* _SUPPLIED MATERIAL_:
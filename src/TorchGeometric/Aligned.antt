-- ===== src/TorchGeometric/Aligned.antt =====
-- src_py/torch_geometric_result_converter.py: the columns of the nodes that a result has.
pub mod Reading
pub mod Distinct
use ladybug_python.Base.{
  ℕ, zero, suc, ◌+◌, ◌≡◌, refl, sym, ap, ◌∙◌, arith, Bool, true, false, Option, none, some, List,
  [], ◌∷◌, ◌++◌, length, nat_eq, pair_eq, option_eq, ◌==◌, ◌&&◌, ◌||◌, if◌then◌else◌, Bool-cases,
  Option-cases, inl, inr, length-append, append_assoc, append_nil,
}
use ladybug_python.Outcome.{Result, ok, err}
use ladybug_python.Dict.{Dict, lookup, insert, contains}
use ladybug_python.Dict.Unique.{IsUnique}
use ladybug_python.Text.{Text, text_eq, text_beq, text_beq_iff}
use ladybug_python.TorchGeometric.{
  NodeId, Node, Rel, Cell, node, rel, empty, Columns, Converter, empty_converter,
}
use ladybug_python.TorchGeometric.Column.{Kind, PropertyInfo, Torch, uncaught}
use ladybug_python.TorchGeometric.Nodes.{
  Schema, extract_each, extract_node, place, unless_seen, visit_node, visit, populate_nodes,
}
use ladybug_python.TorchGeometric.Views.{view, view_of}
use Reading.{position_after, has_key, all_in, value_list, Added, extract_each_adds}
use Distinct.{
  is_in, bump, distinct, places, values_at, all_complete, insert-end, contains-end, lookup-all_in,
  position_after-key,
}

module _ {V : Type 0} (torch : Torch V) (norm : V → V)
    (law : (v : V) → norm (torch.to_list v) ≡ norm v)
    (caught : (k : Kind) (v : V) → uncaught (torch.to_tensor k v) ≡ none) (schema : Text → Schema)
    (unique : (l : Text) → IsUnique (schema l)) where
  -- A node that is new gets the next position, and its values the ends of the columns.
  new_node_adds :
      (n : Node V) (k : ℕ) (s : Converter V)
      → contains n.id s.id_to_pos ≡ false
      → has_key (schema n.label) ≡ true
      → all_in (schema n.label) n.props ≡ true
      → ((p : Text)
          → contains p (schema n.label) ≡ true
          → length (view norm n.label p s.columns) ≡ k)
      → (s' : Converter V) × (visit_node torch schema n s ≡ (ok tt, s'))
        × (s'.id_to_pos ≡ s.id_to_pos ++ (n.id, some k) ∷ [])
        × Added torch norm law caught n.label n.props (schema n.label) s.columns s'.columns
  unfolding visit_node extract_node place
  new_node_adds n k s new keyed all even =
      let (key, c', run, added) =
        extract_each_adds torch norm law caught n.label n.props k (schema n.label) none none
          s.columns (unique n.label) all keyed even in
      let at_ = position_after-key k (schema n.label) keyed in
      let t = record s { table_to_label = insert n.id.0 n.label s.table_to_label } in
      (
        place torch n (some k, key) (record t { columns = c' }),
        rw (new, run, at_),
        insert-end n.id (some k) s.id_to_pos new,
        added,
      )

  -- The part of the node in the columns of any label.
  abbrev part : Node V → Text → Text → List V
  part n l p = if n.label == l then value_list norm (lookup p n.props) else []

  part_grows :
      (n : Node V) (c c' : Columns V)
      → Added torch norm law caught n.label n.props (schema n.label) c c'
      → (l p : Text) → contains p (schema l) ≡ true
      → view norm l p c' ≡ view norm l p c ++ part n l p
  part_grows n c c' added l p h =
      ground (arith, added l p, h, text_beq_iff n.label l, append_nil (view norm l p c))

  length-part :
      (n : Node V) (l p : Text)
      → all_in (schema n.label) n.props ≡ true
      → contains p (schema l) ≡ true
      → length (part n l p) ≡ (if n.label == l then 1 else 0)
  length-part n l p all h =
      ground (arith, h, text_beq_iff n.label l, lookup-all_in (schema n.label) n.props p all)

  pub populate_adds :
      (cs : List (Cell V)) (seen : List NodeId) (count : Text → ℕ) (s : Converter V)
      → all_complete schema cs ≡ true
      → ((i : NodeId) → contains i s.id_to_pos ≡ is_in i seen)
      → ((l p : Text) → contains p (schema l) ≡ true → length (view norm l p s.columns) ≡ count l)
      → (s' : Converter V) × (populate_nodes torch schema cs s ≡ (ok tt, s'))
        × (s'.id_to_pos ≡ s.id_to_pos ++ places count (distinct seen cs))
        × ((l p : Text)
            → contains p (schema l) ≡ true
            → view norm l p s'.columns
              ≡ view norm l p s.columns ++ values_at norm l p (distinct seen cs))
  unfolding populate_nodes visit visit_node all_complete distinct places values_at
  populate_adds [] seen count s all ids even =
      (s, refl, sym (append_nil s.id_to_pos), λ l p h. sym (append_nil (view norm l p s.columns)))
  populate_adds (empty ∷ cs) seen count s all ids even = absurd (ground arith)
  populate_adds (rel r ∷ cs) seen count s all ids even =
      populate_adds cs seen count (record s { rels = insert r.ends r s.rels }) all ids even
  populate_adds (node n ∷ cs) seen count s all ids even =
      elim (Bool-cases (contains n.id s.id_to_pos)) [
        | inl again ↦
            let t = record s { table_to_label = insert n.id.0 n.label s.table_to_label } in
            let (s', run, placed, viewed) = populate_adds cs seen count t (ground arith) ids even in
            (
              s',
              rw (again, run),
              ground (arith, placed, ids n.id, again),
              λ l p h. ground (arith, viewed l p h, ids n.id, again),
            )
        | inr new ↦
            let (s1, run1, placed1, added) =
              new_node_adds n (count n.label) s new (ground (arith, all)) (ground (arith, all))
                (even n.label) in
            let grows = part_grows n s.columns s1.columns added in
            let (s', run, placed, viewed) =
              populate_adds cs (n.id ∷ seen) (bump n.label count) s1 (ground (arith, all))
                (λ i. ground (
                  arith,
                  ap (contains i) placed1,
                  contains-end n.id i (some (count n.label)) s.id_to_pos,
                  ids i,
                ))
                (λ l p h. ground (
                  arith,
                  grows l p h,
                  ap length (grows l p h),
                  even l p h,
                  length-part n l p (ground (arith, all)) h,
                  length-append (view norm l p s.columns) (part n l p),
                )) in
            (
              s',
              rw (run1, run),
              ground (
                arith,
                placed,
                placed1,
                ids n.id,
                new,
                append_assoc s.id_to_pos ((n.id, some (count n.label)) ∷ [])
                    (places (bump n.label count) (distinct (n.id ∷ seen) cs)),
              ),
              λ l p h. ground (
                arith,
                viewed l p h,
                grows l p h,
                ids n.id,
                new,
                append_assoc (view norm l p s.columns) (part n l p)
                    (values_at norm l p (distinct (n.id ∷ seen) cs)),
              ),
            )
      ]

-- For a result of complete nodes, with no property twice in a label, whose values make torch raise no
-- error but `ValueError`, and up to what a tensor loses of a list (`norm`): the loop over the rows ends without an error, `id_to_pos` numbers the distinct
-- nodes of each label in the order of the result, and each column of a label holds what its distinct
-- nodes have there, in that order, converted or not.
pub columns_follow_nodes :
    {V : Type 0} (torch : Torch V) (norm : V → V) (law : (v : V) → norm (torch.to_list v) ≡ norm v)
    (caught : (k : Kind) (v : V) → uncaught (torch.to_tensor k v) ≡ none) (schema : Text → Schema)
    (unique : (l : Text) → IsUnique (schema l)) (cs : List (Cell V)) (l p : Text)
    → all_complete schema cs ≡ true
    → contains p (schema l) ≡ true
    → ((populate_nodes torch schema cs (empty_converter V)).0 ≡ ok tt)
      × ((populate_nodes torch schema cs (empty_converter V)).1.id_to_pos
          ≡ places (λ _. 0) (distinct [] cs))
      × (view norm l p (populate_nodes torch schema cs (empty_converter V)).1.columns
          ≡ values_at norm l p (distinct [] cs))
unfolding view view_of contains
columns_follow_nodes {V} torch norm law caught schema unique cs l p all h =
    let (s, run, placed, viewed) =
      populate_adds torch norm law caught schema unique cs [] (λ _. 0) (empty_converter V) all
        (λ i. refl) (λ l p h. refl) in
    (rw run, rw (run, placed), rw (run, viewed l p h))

* _TASK BRIEF_:
In the material above, find every line that has the string "cases" and pull those lines out.

* _ANSWER TO THE PROBLEM_:
  [], ◌∷◌, ◌++◌, length, nat_eq, pair_eq, option_eq, ◌==◌, ◌&&◌, ◌||◌, if◌then◌else◌, Bool-cases,
  Option-cases, inl, inr, length-append, append_assoc, append_nil,
      elim (Bool-cases (contains n.id s.id_to_pos)) [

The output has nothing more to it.